» **Instructions to follow**: Look through the entries below and show every line containing the word "Common".

══ Exercise data

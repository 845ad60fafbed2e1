-- ===== src/Storage/Store/Prune.antt =====
-- Which versions removeLeastRecent prunes.
use helm.Common.{
  ap, ◌++◌, ◌∙◌, append-nil, append_assoc, ℕ, zero, suc, ◌+◌, ◌-◌, ◌≤◌, ◌<◌, ◌==◌, true, false,
  if◌then◌else◌, Bool-cases, inl, inr, List, [], ◌∷◌, ◌≡◌, ◌≢◌, refl, sym, arith, length, All,
  Bytes, leb, ltb,
}
use helm.Common.Decimal.{Int32}
use helm.Release.{Release}
use helm.Result.{Result, ok, err, Error}
use helm.Storage.Driver.{Driver}
use helm.Releaseutil.Sorter.{sort_by_revision, less_revision}
use helm.Common.Sort.{sort, length-sort}
use helm.Storage.Store.{
  Store, to_delete, remove_least_recent, history, deployed_release, create, make_key, prune,
  delete_all, summary, on_db, prune_long, make_room, prune_after, delete, with_error,
}

-- the releases of a history other than the one of a version
unfoldable pub others : Int32 → List Release → List Release
others v [] = []
others v (r ∷ h) = if r.version == v then others v h else r ∷ others v h

unfoldable pub first_of : ℕ → List Release → List Release
first_of zero h = []
first_of (suc n) [] = []
first_of (suc n) (r ∷ h) = r ∷ first_of n h

first_of-nil : (n : ℕ) → first_of n [] ≡ []
unfolding first_of
first_of-nil zero = refl
first_of-nil (suc n) = refl

to_delete-first :
    (n max marked total : ℕ) (last : Int32) (h : List Release)
    → total ≡ marked + n + max
    → to_delete total max last marked h ≡ first_of n (others last h)
unfolding to_delete others first_of
to_delete-first n max marked total last [] e = sym (first_of-nil n)
to_delete-first zero max marked total last (r ∷ h) e =
    let done : (total - marked == max) ≡ true = ground arith in rw done refl
to_delete-first (suc n) max marked total last (r ∷ h) e =
    let more : (total - marked == max) ≡ false = ground arith in
    rw more (
      ground (
        arith,
        to_delete-first (suc n) max marked total last h e,
        to_delete-first n max (suc marked) total last h (omega arith),
      ))

-- Pruning a history of at least `max` releases marks the oldest of them, in order, but never the
-- last deployed one, until `max` are left or there is no other.
pub to_delete-oldest :
    (max : ℕ) (last : Int32) (h : List Release)
    → max ≤ length h
    → to_delete (length h) max last 0 h ≡ first_of (length h - max) (others last h)
to_delete-oldest max last h enough =
    to_delete-first (length h - max) max 0 (length h) last h (omega arith)

others-All : (v : Int32) (h : List Release) → All (λ r. r.version ≢ v) (others v h)
unfolding others
others-All v [] = tt
others-All v (r ∷ h) = elim (Bool-cases (r.version == v)) [
  | inl same ↦ rw same (others-All v h)
  | inr other ↦ rw other (ground arith, others-All v h)
]

first_of-All : (P : Release → Type 0) (n : ℕ) (h : List Release) → All P h → All P (first_of n h)
unfolding first_of
first_of-All P zero h k = tt
first_of-All P (suc n) [] k = tt
first_of-All P (suc n) (r ∷ h) (p, k) = (p, first_of-All P n h k)

length-first_of : (n : ℕ) (h : List Release) → length (first_of n h) ≤ n
unfolding first_of
length-first_of zero h = omega arith
length-first_of (suc n) [] = omega arith
length-first_of (suc n) (r ∷ h) = omega (arith, length-first_of n h)

-- Pruning a history of at least `max` releases marks no release with the version of the last deployed one, and leaves at least `max`.
pub to_delete-safe :
    (max : ℕ) (last : Int32) (h : List Release)
    → max ≤ length h
    → All (λ r. r.version ≢ last) (to_delete (length h) max last 0 h)
      × (length (to_delete (length h) max last 0 h) + max ≤ length h)
to_delete-safe max last h enough = rw (to_delete-oldest max last h enough) (
  first_of-All (λ r. r.version ≢ last) (length h - max) (others last h) (others-All last h),
  omega (arith, length-first_of (length h - max) (others last h)),
)

module _ (D : Driver) where
  abbrev error_of : Result Release → List Error
  error_of (ok r) = []
  error_of (err e) = e ∷ []

  -- The driver deletes the keys of the releases one after the other, whether or not one before
  -- failed, and these are the errors.
  abbrev pub Deleted : Bytes → List Release → D.State → List Error → D.State → Type 0
  Deleted name [] db es db' = (es ≡ []) × (db' ≡ db)
  Deleted name (rel ∷ rels) db es db' =
      (x : Result Release) × (mid : D.State) × (rest : List Error) × (D.delete
          (make_key name rel.version) db
        ≡ (x, mid))
      × (es ≡ error_of x ++ rest)
      × Deleted name rels mid rest db'

  with_error_append :
      (x : Result Release) (errors : List Error) → with_error D errors x ≡ errors ++ error_of x
  with_error_append (ok r) errors = sym (append-nil errors)
  with_error_append (err e) errors = refl

  delete_all-Deleted :
      (name : Bytes) (rels : List Release) (errors : List Error) (s : Store D)
      → (es : List Error) × (db' : D.State) × Deleted name rels s.db es db'
        × (delete_all D name rels errors s ≡ (errors ++ es, record s { db = db' }))
  unfolding delete_all delete
  delete_all-Deleted name [] errors s =
      ([], s.db, (refl, refl), ap (λ l. (l, s)) (sym (append-nil errors)))
  delete_all-Deleted name (rel ∷ rels) errors s =
      let x = D.delete (make_key name rel.version) s.db in
      let (es, db', gone, e) =
        delete_all-Deleted name rels (with_error D errors x.0) (record s { db = x.1 }) in
      (
        error_of x.0 ++ es,
        db',
        (x.0, x.1, es, refl, refl, gone),
        e
            ∙ ap (λ l. (l, record s { db = db' }))
                (ap (λ l. l ++ es) (with_error_append x.0 errors)
                  ∙ append_assoc errors (error_of x.0) es),
      )

  -- What pruning to `max` does, by what the history and the last deployed release are read as.
  abbrev pub Pruned :
      Bytes
      → ℕ
      → Store D
      → Result (List Release)
      → Result Release
      → Result (Unit {0}) × Store D
      → Type 0
  Pruned name max s (err e) d x = x ≡ (err e, s)
  Pruned name max s (ok h) (err e) x =
      (length h ≤ max → x ≡ (ok tt, s)) × (max < length h → x ≡ (err e, s))
  Pruned name max s (ok h) (ok d) x =
      (length h ≤ max → x ≡ (ok tt, s))
      × (max < length h
          → (es : List Error) × (db' : D.State) × Deleted name
              (first_of (length h - max) (others d.version (sort_by_revision h))) s.db es db'
            × (x ≡ (summary es, record s { db = db' })))

  prune-Pruned :
      (name : Bytes) (max : ℕ) (s : Store D) (x : Result (List Release))
      → Pruned name max s x (deployed_release D name s) (prune_long D name max x s)
  unfolding prune sort_by_revision
  prune-Pruned name max s (err e) = refl
  prune-Pruned name max s (ok h) = go (deployed_release D name s)
    where
      run : Result Release → Result (Unit {0}) × Store D
      run d = if leb (length h) max then (ok tt, s) else prune_after D name max h d s

      few : (d : Result Release) → length h ≤ max → run d ≡ (ok tt, s)
      few d le = let b : leb (length h) max ≡ true = ground arith in rw b refl

      deletes :
          (d : Release)
          → max < length h
          → (es : List Error) × (db' : D.State) × Deleted name
              (first_of (length h - max) (others d.version (sort_by_revision h)))
              s.db
              es
              db'
            × (run (ok d) ≡ (summary es, record s { db = db' }))
      deletes d many =
          let b : leb (length h) max ≡ false = ground arith in
          let size = length-sort less_revision h in
          let e = to_delete-oldest max d.version (sort less_revision h) (omega (arith, size)) in
          let victims = first_of (length h - max) (others d.version (sort less_revision h)) in
          let (es, db', gone, f) = delete_all-Deleted name victims [] s in
          (es, db', gone, rw (b, sym size, e, size, f) refl)

      go : (d : Result Release) → Pruned name max s (ok h) d (run d)
      go (err e) =
          (few (err e), λ many. let b : leb (length h) max ≡ false = ground arith in rw b refl)
      go (ok d) = (few (ok d), deletes d)

  -- Pruning to `max` releases, in all its cases: an error of reading the history is returned; a
  -- history of at most `max` is left alone; without a last deployed release its error is returned;
  -- and else the driver deletes the keys of the oldest others, in order and also after an error,
  -- until `max` are left or there is no other, and what it returns sums up the errors.
  pub remove_least_recent-prunes :
      (name : Bytes) (max : ℕ) (s : Store D)
      → Pruned name max s
          (history D name s)
          (deployed_release D name s)
          (remove_least_recent D name max s)
  unfolding remove_least_recent
  remove_least_recent-prunes name max s = prune-Pruned name max s (history D name s)

  undeployed_kept :
      (name : Bytes) (max : ℕ) (s : Store D) (e : Error) (x : Result (List Release))
      → deployed_release D name s ≡ err e
      → (prune_long D name max x s).1 ≡ s
  undeployed_kept name max s e (err x) none_deployed = refl
  undeployed_kept name max s e (ok h) none_deployed =
      rw none_deployed
        (elim (Bool-cases (leb (length h) max)) [ inl few ↦ rw few refl | inr many ↦ rw many refl ])

  room_undeployed :
      (name : Bytes) (s : Store D) (e : Error)
      → deployed_release D name s ≡ err e
      → make_room D name s ≡ s
  unfolding remove_least_recent
  room_undeployed name s e none_deployed = elim (Bool-cases (ltb 0 s.max_history)) [
    | inl limited ↦
        rw limited (undeployed_kept name (s.max_history - 1) s e (history D name s) none_deployed)
    | inr free ↦ rw free refl
  ]

  -- Where no release of the name is deployed, a store of any limit prunes nothing before it creates
  -- a release, however long the history is.
  pub create_undeployed :
      (rls : Release) (s : Store D) (e : Error)
      → deployed_release D rls.name s ≡ err e
      → create D rls s ≡ on_db D (D.create (make_key rls.name rls.version) rls s.db) s
  unfolding create
  create_undeployed rls s e none_deployed = rw (room_undeployed rls.name s e none_deployed) refl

════

» **Answer to this exercise**:
use helm.Common.{
use helm.Common.Decimal.{Int32}
use helm.Common.Sort.{sort, length-sort}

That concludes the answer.